You're going to get responses like "cook it on a cedar plank, then eat the plank", but steelhead can be a decent eating fish (Let's get real they're not walleye or perch). Soaking them in the milk/salt mixture is key, and also the brighter or more chrome the fish, generally the better table fare. 


http://www.cajuninjector.com/cajun-injector-cajun-shake.html


----------



## Fishman (Apr 5, 2004)

Baked one fresh a few weeks ago, put a little olive oil and some various seasonings I use on chicken lol... just stuff I like..... cooked it at 400 for about 30-35 minutes. 

It wasn't bad. People give them a bad wrap on how they taste, but it reminded me of catfish... or anything with that "kinda" muddy flavor. I dunno if it's suppose to taste like that, but if I absoluletly had to I could eat it again 

I've got to assume the longer the fish has been in the river the worst it taste, but I could be wrong.

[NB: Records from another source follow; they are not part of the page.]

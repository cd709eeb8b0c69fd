-- ===== src/Notifier/InFlight/Drops.antt =====
-- Every dropped notification is logged once, or waits for the next log line.
use cloudhost_firewall_autou.Common.{
  ℕ, ◌+◌, ◌^◌, ◌≤◌, ◌<◌, ◌≡◌, refl, false, Option, none, some, is_none, List, [], ◌∷◌, length,
  nat_eq, arith, if◌then◌else◌,
}
use cloudhost_firewall_autou.Strings.{Text}
use cloudhost_firewall_autou.Strconv.{ℤ}
use cloudhost_firewall_autou.Notifier.{
  EventType, dns_failed, sync_error, operational_unhealthy, sync_start, sync_complete,
  target_sync_complete, domain_sync_complete,
}
use cloudhost_firewall_autou.Notifier.InFlight

-- What happens before StopDiagnostics: a drop, and the two parts of the end of a window.
pub data Op : Type 0 where
  drop : Text → EventType → Op
  flush : Op
  rearm : Op

abbrev pub apply :
    InFlight.InFlightLimiter → Op → InFlight.InFlightLimiter × Option InFlight.DropCounts
apply l (drop channel event) = InFlight.log_dropped channel event l
apply l flush = InFlight.flush_drops l
apply l rearm = (InFlight.rearm l, none)

abbrev pub events_of : InFlight.DropCounts → ℕ
events_of d = d.events 0 + d.events 1 + d.events 2

abbrev pub logged : Option InFlight.DropCounts → ℕ
logged none = 0
logged (some d) = events_of d

-- Whether the operation is a drop that counts: of one of the three alerts.
abbrev pub is_counted : Op → ℕ
is_counted (drop channel event) = if is_none (InFlight.event_index event) then 0 else 1
is_counted _ = 0

-- The notifications in all log lines, and the limiter at the end.
abbrev pub run : InFlight.InFlightLimiter → List Op → ℕ × InFlight.InFlightLimiter
run l [] = (0, l)
run l (o ∷ os) = let (l', line) = apply l o in let (n, last) = run l' os in (logged line + n, last)

abbrev pub counted : List Op → ℕ
counted [] = 0
counted (o ∷ os) = is_counted o + counted os

-- What an operation does to the number of dropped notifications.
abbrev Kept :
    InFlight.InFlightLimiter → ℕ → InFlight.InFlightLimiter × Option InFlight.DropCounts → Type 0
Kept l n (l', line) =
    (logged line + events_of l'.drops ≡ events_of l.drops + n) × (l'.diagnostics_closed ≡ false)

events-count_drop :
    (ci ei : ℕ) (d : InFlight.DropCounts)
    → ei < 3
    → events_of d + 1 < 2 ^ 64
    → events_of (InFlight.count_drop ci ei d) ≡ events_of d + 1
events-count_drop ci ei d small few = ground arith

log_counted-Kept :
    (ci ei : ℕ) (l : InFlight.InFlightLimiter)
    → ei < 3
    → events_of l.drops + 1 < 2 ^ 64
    → l.diagnostics_closed ≡ false
    → Kept l 1 (InFlight.log_counted ci (some ei) l)
log_counted-Kept ci ei l small few running =
    ground (arith, events-count_drop ci ei l.drops small few)

drop-Kept :
    (channel : Text) (event : EventType) (l : InFlight.InFlightLimiter)
    → events_of l.drops + 1 < 2 ^ 64
    → l.diagnostics_closed ≡ false
    → Kept l (is_counted (drop channel event)) (InFlight.log_dropped channel event l)
unfolding InFlight.log_dropped InFlight.event_index
drop-Kept channel dns_failed l few running =
    log_counted-Kept (InFlight.channel_index channel) 0 l (omega arith) few running
drop-Kept channel sync_error l few running =
    log_counted-Kept (InFlight.channel_index channel) 1 l (omega arith) few running
drop-Kept channel operational_unhealthy l few running =
    log_counted-Kept (InFlight.channel_index channel) 2 l (omega arith) few running
drop-Kept channel sync_start l few running = (omega arith, running)
drop-Kept channel sync_complete l few running = (omega arith, running)
drop-Kept channel target_sync_complete l few running = (omega arith, running)
drop-Kept channel domain_sync_complete l few running = (omega arith, running)

apply-Kept :
    (o : Op) (l : InFlight.InFlightLimiter)
    → events_of l.drops + 1 < 2 ^ 64
    → l.diagnostics_closed ≡ false
    → Kept l (is_counted o) (apply l o)
unfolding InFlight.flush_drops InFlight.rearm
apply-Kept (drop channel event) l few running = drop-Kept channel event l few running
apply-Kept flush l few running = ground arith
apply-Kept rearm l few running = ground arith

is_counted-le : (o : Op) → is_counted o ≤ 1
is_counted-le (drop channel event) = ground arith
is_counted-le flush = omega arith
is_counted-le rearm = omega arith

run-Kept :
    (os : List Op) (l : InFlight.InFlightLimiter)
    → events_of l.drops + length os < 2 ^ 64
    → l.diagnostics_closed ≡ false
    → (run l os).0 + events_of (run l os).1.drops ≡ events_of l.drops + counted os
run-Kept [] l few running = omega arith
run-Kept (o ∷ os) l few running =
    let (kept, still) = apply-Kept o l (omega (arith, few)) running in
    let rest = run-Kept os (apply l o).0 (omega (arith, few, kept, is_counted-le o)) still in
    omega (arith, kept, rest)

-- Before the diagnostics are stopped, after fewer than 2^64 drops and ends of windows in any order,
-- the notifications in all log lines and those that wait are together the counted drops.
pub drops_accounted :
    (capacity : ℤ) (os : List Op)
    → length os < 2 ^ 64
    → (run (InFlight.new_in_flight_limiter capacity) os).0
        + events_of (run (InFlight.new_in_flight_limiter capacity) os).1.drops
      ≡ counted os
unfolding InFlight.new_in_flight_limiter
drops_accounted capacity os few =
    let h = run-Kept os (InFlight.new_in_flight_limiter capacity) (omega (arith, few)) refl in
    omega (arith, h)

Let us know how you end up cooking it.


----------



## master of steel (Oct 12, 2008)

I soak my fillets or steaks in buttermilk overnight prior as it helps restore freshness and removes that "fishy" taste.

A great simple recipe is panko breaded steelhead. I use some olive oil, salt and pepper. Bread the fish and cook it in a frying pan.


----------



## Steelhead Fever (Dec 31, 2009)

One way I like it is to layer lemon slices, garlic, onions, parsely, olive oil, salt, pepper, put on both sides, make bed on bottom, place fillet, do same on top, wrap in foil, cook for 15-20 min. (oven or grill) 

another way is making fish patties(like crab cakes), its surprisingly very good

remove skin, poach, pick apart meat and bones, keep in decent sizes, cut sweet onion into slivers, in bowl, combine the fish, onions, garlic powder, season all, mayo , and breadcrumbs, mix it together to get the right consistency (so they dont fall apart, 

pour bread crumbs into bowl, grab the mixture, make into patties, put the patty into the crumbs, coating each side, sprinkle old bay on top (i include some in the mixture) 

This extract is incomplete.